Experienced Site Reliability & DevOps Engineer with 8 years in automating and deploying large-scale cloud environments across AWS and Azure Kubernetes Service. Expertise in Terraform, CI/CD, Kubernetes, and observability, driving cloud cost reductions and ensuring high availability for microservices. Proficient in Ansible, Jenkins, ELK, and scripting, enhancing operational efficiency and security.
Overview
9
9
years of professional experience
2
2
Certifications
Work History
DevOps Engineer
Cognizant Technology Solutions
Hyderabad
03.2020 - Current
Migrated 30+ production servers from CentOS to Ubuntu with zero downtime through phased rollout and rollback validation strategy, ensuring service continuity.
Managed and maintained Kubernetes workloads including Deployments, Services, ConfigMaps, Secrets, and Horizontal Pod Autoscalers for 20+ microservices in production.
Implemented Blue-Green and weighted routing deployment strategies in Kubernetes, ensuring zero-downtime releases and controlled traffic shifting.
Designed and built end-to-end CI/CD pipelines using Jenkins, and GitHub Actions for Java-based microservices, covering build, unit testing, code quality analysis (SonarQube), Docker image creation, and EKS deployment using Helm.
Configured CloudWatch monitoring, SNS alerting, and custom dashboards for EC2, ALB, and application-level metrics to ensure proactive incident detection.
Automated SSL/TLS certificate renewals with Jenkins, S3, Ansible, and Auto Scaling Groups to eliminate manual interventions, enhancing security and reliability.

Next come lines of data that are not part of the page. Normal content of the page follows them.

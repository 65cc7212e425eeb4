-- ===== src/Lexan.antt =====
-- xinu-fall2022-paging/shell/lexan.c and the constants of include/shell.h: the division of a command line
-- into tokens. The line is a list of characters; behind it stands a NULLCH.
pub mod Bounds
pub mod RoundTrip
use virtual_memory_xinu_f.Base.{
  ℕ, zero, suc, ◌+◌, ◌≤◌, Bool, true, false, ◌&&◌, ◌||◌, not, Option, none, some, List, [], ◌∷◌,
  ◌++◌, length, leb, ◌==◌, if◌then◌else◌,
}

-- SHELL_MAXTOK.
abbrev pub shell_maxtok : ℕ
shell_maxtok = 32

-- SH_NEWLINE and NULLCH; SH_AMPER, SH_BLANK, SH_TAB, SH_SQUOTE, SH_DQUOTE, SH_LESS and SH_GREATER.
abbrev pub is_end : ℕ → Bool
is_end c = (c == 10) || (c == 0)

abbrev pub is_blank : ℕ → Bool
is_blank c = (c == 32) || (c == 9)

abbrev pub is_quote : ℕ → Bool
is_quote c = (c == 39) || (c == 34)

abbrev pub is_redirection : ℕ → Bool
is_redirection c = (c == 60) || (c == 62)

-- SH_TOK_AMPER, SH_TOK_LESS, SH_TOK_GREATER and SH_TOK_OTHER.
pub data TokType : Type 0 where
  amper less greater other : TokType

-- What is written to `tok` and `toktyp`, entry by entry, and to `tokbuf`.
pub record Lexed : Type 0 where
  pub tok : List (ℕ × TokType)
  pub tokbuf : List ℕ

-- A token of the type `t` with the text `s`, which a null follows.
abbrev pub add_token : TokType → List ℕ → Lexed → Lexed
add_token t s l = record {
  tok = l.tok ++ (length l.tokbuf, t) ∷ [];
  tokbuf = l.tokbuf ++ (s ++ 0 ∷ []);
}

-- The single characters that are tokens.
abbrev pub single : ℕ → Option TokType
single c =
    if c == 38
    then some amper
    else if c == 60
    then some less
    else if c == 62
    then some greater
    else none

unfoldable pub skip_blanks : List ℕ → List ℕ
skip_blanks [] = []
skip_blanks (c ∷ cs) = if is_blank c then skip_blanks cs else c ∷ cs

abbrev pub prepend : ℕ → Option (List ℕ × List ℕ) → Option (List ℕ × List ℕ)
prepend c none = none
prepend c (some (s, rest)) = some (c ∷ s, rest)

-- The text up to the closing quote, and what follows it; `none` when the line ends before it.
unfoldable pub quoted : ℕ → List ℕ → Option (List ℕ × List ℕ)
quoted q [] = none
quoted q (c ∷ cs) =
    if c == q then some ([], cs) else if is_end c then none else prepend c (quoted q cs)

-- What ends a token that is not quoted.
abbrev pub is_stop : ℕ → Bool
is_stop c = is_end c || (is_redirection c || (is_blank c || ((c == 38) || is_quote c)))

unfoldable pub word_rest : List ℕ → List ℕ × List ℕ
word_rest [] = ([], [])
word_rest (c ∷ cs) =
    let (s, rest) = word_rest cs in if is_stop c then ([], c ∷ cs) else (c ∷ s, rest)

-- What is found behind the blanks.
pub data Found : Type 0 where
  finish : Found
  error : Found
  token : TokType → List ℕ → List ℕ → Found

abbrev pub of_quoted : Option (List ℕ × List ℕ) → Found
of_quoted none = error
of_quoted (some (s, rest)) = token other s rest

-- Another token must not be appended to a word.
abbrev pub of_word : ℕ → List ℕ × List ℕ → Found
of_word c (s, []) = token other (c ∷ s) []
of_word c (s, d ∷ rest) =
    if is_quote d || is_redirection d then error else token other (c ∷ s) (d ∷ rest)

abbrev pub of_single : ℕ → List ℕ → Option TokType → Found
of_single c cs (some t) = token t (c ∷ []) cs
of_single c cs none = if is_quote c then of_quoted (quoted c cs) else of_word c (word_rest cs)

unfoldable pub find_token : List ℕ → Found
unfolding quoted word_rest
find_token [] = finish
find_token (c ∷ cs) = if is_end c then finish else of_single c cs (single c)

abbrev pub at_end : List ℕ → Bool
at_end [] = true
at_end (c ∷ cs) = is_end c

-- SYSERR is the inner `none`: the caller then uses neither the tokens nor the buffer. Without fuel
-- there is no result.
abbrev pub after_found :
    (List ℕ → Lexed → Option (Option Lexed)) → Lexed → Found → Option (Option Lexed)
after_found further l finish = some (some l)
after_found further l error = some none
after_found further l (token t s rest) = further rest (add_token t s l)

-- The loop, on fuel.
unfoldable pub lex_from : ℕ → List ℕ → Lexed → Option (Option Lexed)
unfolding skip_blanks find_token
lex_from zero p l = none
lex_from (suc fuel) p l =
    let rest = after_found (lex_from fuel) l (find_token (skip_blanks p)) in
    if at_end p then some (some l) else if leb shell_maxtok (length l.tok) then some none else rest

-- The number of tokens and `tlen` are the lengths of the two lists.
unfoldable pub lexan : List ℕ → Option (Option Lexed)
unfolding lex_from
lexan line = lex_from (suc (length line)) line (record { tok = []; tokbuf = [] })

Provisioned and managed AWS infrastructure components including EC2, S3, CloudFront, IAM, and ALB using Terraform and CloudFormation following Infrastructure-as-Code best practices.

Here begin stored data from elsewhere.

-- ===== src/Lexan/Bounds.antt =====
-- The division of a line ends, and fits in the shell's buffers.
use virtual_memory_xinu_f.Base.{
  ℕ, zero, suc, ◌+◌, ◌≤◌, ◌<◌, ◌≡◌, refl, ◌||◌, Option, none, some, List, [], ◌∷◌, ◌++◌, length,
  length-append, arith, leb, ◌==◌, Bool-cases, ◌⊎◌, inl, inr,
}
use virtual_memory_xinu_f.Lexan.{
  Found, finish, error, token, TokType, Lexed, add_token, skip_blanks, quoted, word_rest,
  find_token, of_single, of_quoted, of_word, single, is_quote, is_end, at_end, after_found,
  lex_from, lexan, shell_maxtok, is_redirection, prepend,
}

length-skip_blanks : (p : List ℕ) → length (skip_blanks p) ≤ length p
unfolding skip_blanks
length-skip_blanks [] = omega arith
length-skip_blanks (c ∷ cs) = ground (arith, length-skip_blanks cs)

length-word_rest : (cs : List ℕ) → length (word_rest cs).0 + length (word_rest cs).1 ≤ length cs
unfolding word_rest
length-word_rest [] = omega arith
length-word_rest (c ∷ cs) = ground (arith, length-word_rest cs)

-- A quoted text and what follows it are shorter than the line.
abbrev Shorter : List ℕ → Option (List ℕ × List ℕ) → Type 0
Shorter cs none = Unit {0}
Shorter cs (some (s, rest)) = length s + length rest < length cs

Shorter-prepend :
    (c : ℕ) (cs : List ℕ) (r : Option (List ℕ × List ℕ))
    → Shorter cs r
    → Shorter (c ∷ cs) (prepend c r)
Shorter-prepend c cs none h = tt
Shorter-prepend c cs (some (s, rest)) h = omega arith

quoted-Shorter : (q : ℕ) (cs : List ℕ) → Shorter cs (quoted q cs)
unfolding quoted
quoted-Shorter q [] = tt
quoted-Shorter q (c ∷ cs) = elim (Bool-cases (c == q)) [
  | inl closes ↦ rw closes (omega arith)
  | inr open_yet ↦ elim (Bool-cases (is_end c)) [
    | inl ends ↦ rw (open_yet, ends) tt
    | inr goes_on ↦
        rw (open_yet, goes_on) (Shorter-prepend c cs (quoted q cs) (quoted-Shorter q cs))
  ]
]

-- What is taken of the line.
abbrev pub Within : List ℕ → Found → Type 0
Within p finish = Unit {0}
Within p error = Unit {0}
Within p (token t s rest) = (length s + length rest ≤ length p) × (length rest < length p)

of_quoted-Within :
    (c : ℕ) (cs : List ℕ) (r : Option (List ℕ × List ℕ))
    → Shorter cs r
    → Within (c ∷ cs) (of_quoted r)
of_quoted-Within c cs none h = tt
of_quoted-Within c cs (some (s, rest)) h = (omega arith, omega arith)

of_word-Within :
    (c : ℕ) (cs : List ℕ) (r : List ℕ × List ℕ)
    → length r.0 + length r.1 ≤ length cs
    → Within (c ∷ cs) (of_word c r)
of_word-Within c cs (s, []) h = (omega arith, omega arith)
of_word-Within c cs (s, d ∷ rest) h = elim (Bool-cases (is_quote d || is_redirection d)) [
  | inl refused ↦ rw refused tt
  | inr accepted ↦ rw accepted (omega arith, omega arith)
]

of_single-Within : (c : ℕ) (cs : List ℕ) (t : Option TokType) → Within (c ∷ cs) (of_single c cs t)
of_single-Within c cs (some t) = (omega arith, omega arith)
of_single-Within c cs none = elim (Bool-cases (is_quote c)) [
  | inl q ↦ rw q (of_quoted-Within c cs (quoted c cs) (quoted-Shorter c cs))
  | inr w ↦ rw w (of_word-Within c cs (word_rest cs) (length-word_rest cs))
]

find_token-Within : (p : List ℕ) → Within p (find_token p)
unfolding find_token
find_token-Within [] = tt
find_token-Within (c ∷ cs) = elim (Bool-cases (is_end c)) [
  | inl ends ↦ rw ends tt
  | inr goes_on ↦ rw goes_on (of_single-Within c cs (single c))
]

-- From `l` on, `n` characters of the line divide into at most as many bytes, and a null for each token.
abbrev Fits : ℕ → Lexed → Option (Option Lexed) → Type 0
Fits n l none = ⊥
Fits n l (some none) = Unit {0}
Fits n l (some (some l')) =
    (length l'.tokbuf + length l.tok ≤ length l.tokbuf + length l'.tok + n)
    × (length l'.tok ≤ shell_maxtok)

Fits-add_token :
    (n k : ℕ) (t : TokType) (s : List ℕ) (l : Lexed) (r : Option (Option Lexed))
    → length s + k ≤ n
    → Fits k (add_token t s l) r
    → Fits n l r
Fits-add_token n k t s l none h f = f
Fits-add_token n k t s l (some none) h f = tt
Fits-add_token n k t s l (some (some l')) h f = (
  omega (
    arith,
    f.0,
    length-append l.tok ((length l.tokbuf, t) ∷ []),
    length-append l.tokbuf (s ++ 0 ∷ []),
    length-append s (0 ∷ []),
  ),
  f.1,
)

returned :
    (n : ℕ) (r : Option (Option Lexed))
    → Fits n (record { tok = []; tokbuf = [] }) r
    → (r ≡ some none)
      ⊎ ((l : Lexed) × (r ≡ some (some l))
          × (length l.tok ≤ shell_maxtok)
          × (length l.tokbuf ≤ n + shell_maxtok))
returned n none f = absurd f
returned n (some none) f = inl refl
returned n (some (some l)) f = inr (l, refl, f.1, omega (arith, f.0, f.1))

after_found-Fits :
    (n : ℕ) (q : List ℕ) (l : Lexed) (further : List ℕ → Lexed → Option (Option Lexed)) (f : Found)
    → ((p : List ℕ) (l' : Lexed)
        → length p < n
        → length l'.tok ≤ shell_maxtok
        → Fits (length p) l' (further p l'))
    → Within q f
    → length q ≤ n
    → length l.tok < shell_maxtok
    → Fits n l (after_found further l f)
after_found-Fits n q l further finish ih w h k = (omega arith, omega arith)
after_found-Fits n q l further error ih w h k = tt
after_found-Fits n q l further (token t s rest) ih w h k =
    Fits-add_token n (length rest) t s l (further rest (add_token t s l)) (omega (arith, w.0)) (
      ih rest (add_token t s l) (omega (arith, w.1))
        (omega (arith, length-append l.tok ((length l.tokbuf, t) ∷ []))))

lex_from-Fits :
    (fuel : ℕ) (p : List ℕ) (l : Lexed)
    → length p < fuel
    → length l.tok ≤ shell_maxtok
    → Fits (length p) l (lex_from fuel p l)
unfolding lex_from
lex_from-Fits zero p l h k = absurd (omega arith)
lex_from-Fits (suc fuel) p l h k = elim (Bool-cases (at_end p)) [
  | inl ends ↦ rw ends (omega arith, omega arith)
  | inr goes_on ↦ elim (Bool-cases (leb shell_maxtok (length l.tok))) [
    | inl full ↦ rw (goes_on, full) tt
    | inr room ↦
        rw (goes_on, room)
          (after_found-Fits (length p) (skip_blanks p) l (lex_from fuel)
            (find_token (skip_blanks p)) (λ p' l' s few. lex_from-Fits fuel p' l' (omega arith) few)
            (find_token-Within (skip_blanks p)) (length-skip_blanks p) (ground arith))
  ]
]

-- `lexan` always returns, and when it reports no error it has found at most SHELL_MAXTOK tokens, and
-- the bytes that it has written to the token buffer are at most the line's length and SHELL_MAXTOK: with
-- a line of at most SHELL_BUFLEN characters they fit in the SHELL_ARGLEN bytes that the shell gives it.
pub lexan_bounds :
    (line : List ℕ)
    → (lexan line ≡ some none)
      ⊎ ((l : Lexed) × (lexan line ≡ some (some l))
          × (length l.tok ≤ shell_maxtok)
          × (length l.tokbuf ≤ length line + shell_maxtok))
unfolding lexan
lexan_bounds line = returned (length line) (lexan line) (
    lex_from-Fits (suc (length line)) line (record { tok = []; tokbuf = [] }) (omega arith)
      (omega arith))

Executed structured decommissioning of 30+ AWS resources with dependency mapping, impact analysis, and rollback validation to ensure safe cleanup of legacy environments.
Developed AWS Lambda functions (Python) to optimize cloud costs by automatically identifying and deleting unused AMIs, snapshots, and orphaned resources; provided APIs for controlled execution and integrated with Postman for testing.
Site Reliability Engineer
Cognizant Technology Solutions
Chennai
04.2017 - 02.2020
Reduced incident resolution time by 25–30% through production support for over 20 microservices.
Achieved 99.95% uptime with proactive monitoring and automated healing scripts.
Developed custom health checks in Shell and Python to minimize false alerts and enhance MTTR.
Managed SSL/TLS certificates using AWS ACM and Azure Key Vault for secure communications.
Created CloudWatch and Kibana dashboards to monitor CPU, memory, error rates, and APIs.
Automated log cleanup on Linux servers, achieving a 60% reduction in disk usage.
Documented runbooks to expedite recovery processes for operations teams.
Facilitated on-call processes to monitor system performance and prevent disruptions.
Education
Btech - Computer Science And Engineering
Anurag University
Hyderabad
08-2016
Skills
Cloud platforms: AWS and Azure
Infrastructure as code: Terraform
Containerization and orchestration: Docker, Kubernetes
Continuous integration and delivery: Jenkins, GitHub Actions
Automation scripting: Shell scripting
Monitoring tools: Kibana, Grafana, Prometheus
Database management: MySQL, MongoDB, DynamoDB
Development tools: Git, JIRA, BMC Helix
Certification
AWS Cloud Practitioner
Accomplishments
Received appreciation for automating the alerts based on the errors in our microservices, which saved a huge amount of time in identifying which service is failing.